10.           Exclusive Dealing. From the date hereof until the Termination Date Sellers and the Company will not, directly or indirectly, through any representative or otherwise, solicit or entertain offers from, negotiate with or in any manner encourage, discuss, accept, or consider any proposal of any other person relating to the direct or indirect sale of the equity or assets of the Company.

11.           Legally Binding. This letter of intent is legally binding on the parties hereto. Each party represents and warrants that such party has all requisite authority to execute and deliver this Binding LOI and to perform all obligations of such party set forth herein or contemplated hereby.

12.           Equitable Relief. Each party agrees that (a) any breach of the obligation to consummate the transactions contemplated by this Binding LOI as contemplated hereby will result in irreparable injury to the other party to this Binding LOI for which a remedy at law would be inadequate, and (b) in addition to any relief at law that may be available to a party for such breach and regardless of any other provision contained in this Binding LOI, each party shall be entitled to injunctive and other equitable relief as a court may grant, without the need to post a bond.

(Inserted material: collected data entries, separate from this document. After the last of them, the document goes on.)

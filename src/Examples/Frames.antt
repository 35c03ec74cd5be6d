-- ===== src/Examples/Frames.antt =====
-- Frames and keys at concrete inputs.
use reka_serdoba.Common.{
  ℕ, ◌≡◌, ◌≢◌, ◌↔◌, refl, true, List, [], ◌∷◌, ◌++◌, replicate, All, ok, err, arith,
}
use reka_serdoba.Common.Words.{to_be, from_be}
use reka_serdoba.Errors.{unsupported_critical_frame, out_of_fuel}
use reka_serdoba.Examples.Toy.{cut, toy}
use reka_serdoba.Record.Header.{data_record}
use reka_serdoba.Record.Keys.{
  TrafficKey, EpochKeys, full_label, hkdf_info, codes, expand, fixed, derive_traffic_key,
  derive_epoch_keys,
}
use reka_serdoba.Record.Keys.Separation.{hkdf_info_injective}
use reka_serdoba.Common.{slice}
use reka_serdoba.Record.Frames
use reka_serdoba.Record.Frames.{Frame, parse_frames, take_frame, parse_loop}
use reka_serdoba.Record.Frames.Taking.{Acceptable, wires, known_frames}
use reka_serdoba.Record.Frames.RoundTrip.{
  parse_frames_iff, parse_frames-encode, parse_frames-ne-out_of_fuel,
}

abbrev session : List ℕ
session = replicate 16 7

-- The two frames of the source's test: type 0x01 is known, type 0x40 may be ignored.
abbrev known_frame : Frame
known_frame = record { frame_type = 0x01; flags = 0; body = 1 ∷ 2 ∷ 3 ∷ [] }

abbrev optional_frame : Frame
optional_frame = record { frame_type = 0x40; flags = 0; body = 4 ∷ [] }

abbrev two_frames : List ℕ
two_frames = 0x01 ∷ 0 ∷ 0 ∷ 3 ∷ 1 ∷ 2 ∷ 3 ∷ 0x40 ∷ 0 ∷ 0 ∷ 1 ∷ 4 ∷ []

parse_two : parse_frames two_frames data_record ≡ ok (known_frame ∷ [])
unfolding parse_frames parse_loop take_frame slice from_be
parse_two = refl

parse_critical : parse_frames (0x80 ∷ 0 ∷ 0 ∷ 0 ∷ []) data_record ≡ err unsupported_critical_frame
unfolding parse_frames parse_loop take_frame slice from_be
parse_critical = refl

parse_frames_iff_example : (parse_frames two_frames data_record ≡ ok (known_frame ∷ [])) ↔ (
    (all : List Frame) × All (Acceptable data_record) all
    × (two_frames ≡ wires all)
    × (known_frame ∷ [] ≡ known_frames data_record all))
parse_frames_iff_example = parse_frames_iff two_frames data_record (known_frame ∷ []) (omega arith)

encode_known : Frames.encode known_frame ≡ ok (0x01 ∷ 0 ∷ 0 ∷ 3 ∷ 1 ∷ 2 ∷ 3 ∷ [])
unfolding Frames.encode Frames.wire to_be
encode_known = refl

is_known : Frames.known data_record 0x01 ≡ true
unfolding Frames.known
is_known = refl

parse_frames-encode_example :
    parse_frames (0x01 ∷ 0 ∷ 0 ∷ 3 ∷ 1 ∷ 2 ∷ 3 ∷ []) data_record ≡ ok (known_frame ∷ [])
parse_frames-encode_example =
    parse_frames-encode known_frame data_record (0x01 ∷ 0 ∷ 0 ∷ 3 ∷ 1 ∷ 2 ∷ 3 ∷ []) is_known
      encode_known

parse_frames-ne-out_of_fuel_example : parse_frames two_frames data_record ≢ err out_of_fuel
parse_frames-ne-out_of_fuel_example = parse_frames-ne-out_of_fuel two_frames data_record

hkdf_info_injective_example : (codes "a" ≡ codes "a") × (codes "" ≡ []) × (◌≡◌ {A = ℕ} 32 32)
hkdf_info_injective_example =
    hkdf_info_injective (codes "a") (codes "a") [] [] 32 32 (omega arith) (omega arith)
      (omega arith) (omega arith) (omega arith) (omega arith) refl

abbrev key_of : List ℕ → TrafficKey
key_of purpose =
    let context : List ℕ = session ++ (0 ∷ 0 ∷ 0 ∷ 0 ∷ []) in
    record {
      key = cut 32 (hkdf_info (full_label (purpose ++ codes " key")) context 32);
      iv = cut 12 (hkdf_info (full_label (purpose ++ codes " iv")) context 12);
    }

abbrev zero_keys : EpochKeys
zero_keys = record {
  c2s_data = key_of (codes "data c2s");
  s2c_data = key_of (codes "data s2c");
  c2s_control = key_of (codes "control c2s");
  s2c_control = key_of (codes "control s2c");
}

derive_zero : derive_epoch_keys toy (replicate 32 0) session 0 ≡ ok zero_keys
unfolding derive_epoch_keys derive_traffic_key expand fixed full_label hkdf_info to_be
derive_zero = refl
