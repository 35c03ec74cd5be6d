-- ===== src/Examples/Gates.antt =====
-- The gate at concrete inputs.
use reka_serdoba.Common.{
  ℕ, ◌≡◌, refl, List, [], ◌∷◌, ◌++◌, replicate, slice, bytes_eq, Option, some, ok, err,
}
use reka_serdoba.Common.Words.{from_be}
use reka_serdoba.Errors.{replayed_gate_token}
use reka_serdoba.Examples.Toy.{steady}
use reka_serdoba.Gate
use reka_serdoba.Gate.{ReplayMap, GateRequest, validate_gate_token}

-- A token of the client 1, 1, ... for the second 1000.
abbrev token : List ℕ
token = replicate 16 1 ++ (0 ∷ 0 ∷ 0 ∷ 0 ∷ 0 ∷ 0 ∷ 3 ∷ 232 ∷ (replicate 16 2 ++ replicate 32 4))

-- A client is a number here, and every id is that of one client.
abbrev the_client : ℕ
the_client = 1

abbrev table : List ℕ → Option ℕ
table id = some the_client

abbrev request : GateRequest
request = record {
  encoded = token;
  label = [];
  exporter = [];
  method = [];
  authority = [];
  path = [];
}

abbrev seen_once : ReplayMap
seen_once = (replicate 16 1 ++ replicate 16 2, 1000000000000) ∷ []

opened :
    validate_gate_token steady (λ x. some x) table (λ client. []) request 910 1000000000000 []
    ≡ (seen_once, ok the_client)
unfolding validate_gate_token Gate.check_token slice from_be Gate.outside_window bytes_eq
    Gate.check_replay Gate.retain Gate.note Gate.seen_at
opened = refl

again :
    (validate_gate_token steady
      (λ x. some x)
      table
      (λ client. [])
      request
      1000
      1090000000000
      seen_once).1
    ≡ err replayed_gate_token
unfolding validate_gate_token Gate.check_token slice from_be Gate.outside_window bytes_eq
    Gate.check_replay Gate.retain Gate.note Gate.seen_at
again = refl

-- The token is good for 181 seconds of the system's clock, from 910 to 1090, and its key is kept
-- for 180: half a second after that it opens the gate again.
opens_twice :
    (validate_gate_token steady
      (λ x. some x)
      table
      (λ client. [])
      request
      1090
      1180500000000
      seen_once).1
    ≡ ok the_client
unfolding validate_gate_token Gate.check_token slice from_be Gate.outside_window bytes_eq
    Gate.check_replay Gate.retain Gate.note Gate.seen_at
opens_twice = refl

This Section 12 shall not be construed to limit a party’s right to obtain equitable relief for other breaches of this Binding LOI under general equitable standards
 
 
 

 

Bryce Johnson
Paul Kelly
Cornerstone Conservation Group LLC
November 1, 2011
Page 5 of 6
 
Please confirm your agreement to the foregoing terms and conditions by signing in the space provided below and sending the fully executed letter of intent to me by fax or pdf, with the original to follow by courier.
 
 
Sincerely,
     
 
POWERVERDE, INC.
     
 
By:
/s/ Richard H. Davis
 
Name: Richard H. Davis
 
Its: CEO
 
AGREED AND ACCEPTED
 
this 1st day of November, 2011.
 
     
By:
/s/ Bryce Johnson
 
 
Bryce Johnson
 
     
By:
/s/ Paul Kelly
 
 
Paul Kelly
 
     
By:
/s/ Vince Hils
 
 
Vince Hils
 
 
 
 

 

Bryce Johnson
Paul Kelly
Cornerstone Conservation Group LLC
November 1, 2011
Page 6 of 6
 
EXHIBIT “A”

INTELLECTUAL PROPERTY

U.S. Patent Application No. 12/749,416 filed on March 29, 2010, entitled “Solar Photovoltaic Closed Fluid Loop Evaporative Tower,” and related intellectual property.